▶ [WHAT IS BEING ASKED]
Search the entries for the word "rows". Copy each line in which it is found.

__________________________________________________

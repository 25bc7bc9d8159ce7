-- ===== src/Storage/Events.antt =====
-- internal/storage/repositories.go: the table of the events. It is the list of its rows, the newest
-- id first. The times are kept as texts, and ordered as texts.
use withdraw_bot.Prelude.{
  ℤ, pos, pos_part, String, Bool, ◌||◌, Option, none, some, List, [], ◌∷◌, str_eq, str_ltb, ltb_ℤ,
  take, if◌then◌else◌,
}
use withdraw_bot.Errors.{Error, Result, ok, err, ◌>>◌, ◌>>=◌}
use withdraw_bot.Core.{
  Time, EventType, event_warning, event_error, event_security, event_withdrawal,
}
use withdraw_bot.Storage.Thresholds.{wrap}

pub record EventRecord : Type 0 where
  pub event_type : EventType
  pub message : String
  pub fields : List (String × String)
  pub created_at : Time

-- A row; the fields, which it keeps as JSON, are kept as they are.
pub record EventRow : Type 0 where
  pub event_type : EventType
  pub message : String
  pub fields : List (String × String)
  pub created_at : String

-- The errors of the driver and of the decoders in one operation.
pub record EventFaults : Type 0 where
  pub encode : Option Error
  pub insert : Option Error
  pub query : Option Error
  pub scan : EventRow → Option Error
  pub decode_fields : EventRow → Option Error
  pub rows : Option Error

unfoldable pub clamp_recent_events_limit : ℤ → ℤ
clamp_recent_events_limit limit =
    if ltb_ℤ limit (pos 1) then pos 1 else (if ltb_ℤ (pos 50) limit then pos 50 else limit)

-- `WHERE event_type IN (?, ?, ?, ?)`, unless all types are asked for.
abbrev pub is_listed : Bool → EventRow → Bool
is_listed include_info e =
    include_info
    || str_eq e.event_type event_warning
    || str_eq e.event_type event_error
    || str_eq e.event_type event_security
    || str_eq e.event_type event_withdrawal

abbrev pub listed : Bool → List EventRow → List EventRow
listed include_info [] = []
listed include_info (e ∷ es) =
    let below = listed include_info es in if is_listed include_info e then e ∷ below else below

-- `ORDER BY created_at DESC, id DESC`; rows of one time stay in the order of the table.
unfoldable pub insert_newest : EventRow → List EventRow → List EventRow
insert_newest e [] = e ∷ []
insert_newest e (x ∷ xs) =
    let below = insert_newest e xs in
    if str_ltb e.created_at x.created_at then x ∷ below else e ∷ x ∷ xs

unfoldable pub newest_first : List EventRow → List EventRow
newest_first [] = []
newest_first (e ∷ es) = insert_newest e (newest_first es)

-- The rows that the query selects.
unfoldable pub select_recent : Bool → ℤ → List EventRow → List EventRow
unfolding clamp_recent_events_limit
select_recent include_info limit table =
    take (pos_part (clamp_recent_events_limit limit)) (newest_first (listed include_info table))

-- `format` is the layout RFC3339Nano of the times.
module _ (format : Time → String) where
  -- `InsertEvent`, and `Record`, which only calls it.
  unfoldable pub insert_event :
      EventFaults
      → EventType
      → String
      → List (String × String)
      → Time
      → List EventRow
      → Option Error × List EventRow
  insert_event faults event_type message fields created_at table = elim faults.encode [
    | some e ↦ (some (Error.wrapped "encode event fields" e), table)
    | none ↦ elim faults.insert [
      | some e ↦ (some (Error.wrapped "insert event record" e), table)
      | none ↦ (
        none,
        record {
          event_type = event_type;
          message = message;
          fields = fields;
          created_at = format created_at;
        }
            ∷ table,
      )
    ]
  ]

-- `parse` reads a time of the layout RFC3339Nano.
module _ (parse : String → Result Time) where
  abbrev pub parse_created_at : EventRow → Result Time
  parse_created_at row = elim (parse row.created_at) [
    | ok time ↦ ok time
    | err e ↦ err (Error.wrapped "parse event created_at" e)
  ]

  unfoldable pub scan_event_record : EventFaults → EventRow → Result EventRecord
  scan_event_record faults row =
      wrap "list event record" (faults.scan row)
      >> (wrap "decode event fields" (faults.decode_fields row)
          >> (parse_created_at row >>= λ time. ok (record {
            event_type = row.event_type;
            message = row.message;
            fields = row.fields;
            created_at = time;
          })))

  -- The loop over the rows, and the error of the rows at its end.
  unfoldable pub scan_events : EventFaults → List EventRow → Result (List EventRecord)
  unfolding scan_event_record
  scan_events faults [] = wrap "list recent events" faults.rows >> ok []
  scan_events faults (row ∷ rows) =
      let rest = scan_events faults rows in
      scan_event_record faults row >>= λ event. (rest >>= λ events. ok (event ∷ events))

  unfoldable pub list_recent_events :
      EventFaults → Bool → ℤ → List EventRow → Result (List EventRecord)
  unfolding select_recent scan_events
  list_recent_events faults include_info limit table =
      wrap "list recent events" faults.query
      >> scan_events faults (select_recent include_info limit table)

__________________________________________________

▶ [WRITTEN RESPONSE]
-- internal/storage/repositories.go: the table of the events. It is the list of its rows, the newest
  pub rows : Option Error
-- `ORDER BY created_at DESC, id DESC`; rows of one time stay in the order of the table.
-- The rows that the query selects.
  -- The loop over the rows, and the error of the rows at its end.
  scan_events faults [] = wrap "list recent events" faults.rows >> ok []
  scan_events faults (row ∷ rows) =
      let rest = scan_events faults rows in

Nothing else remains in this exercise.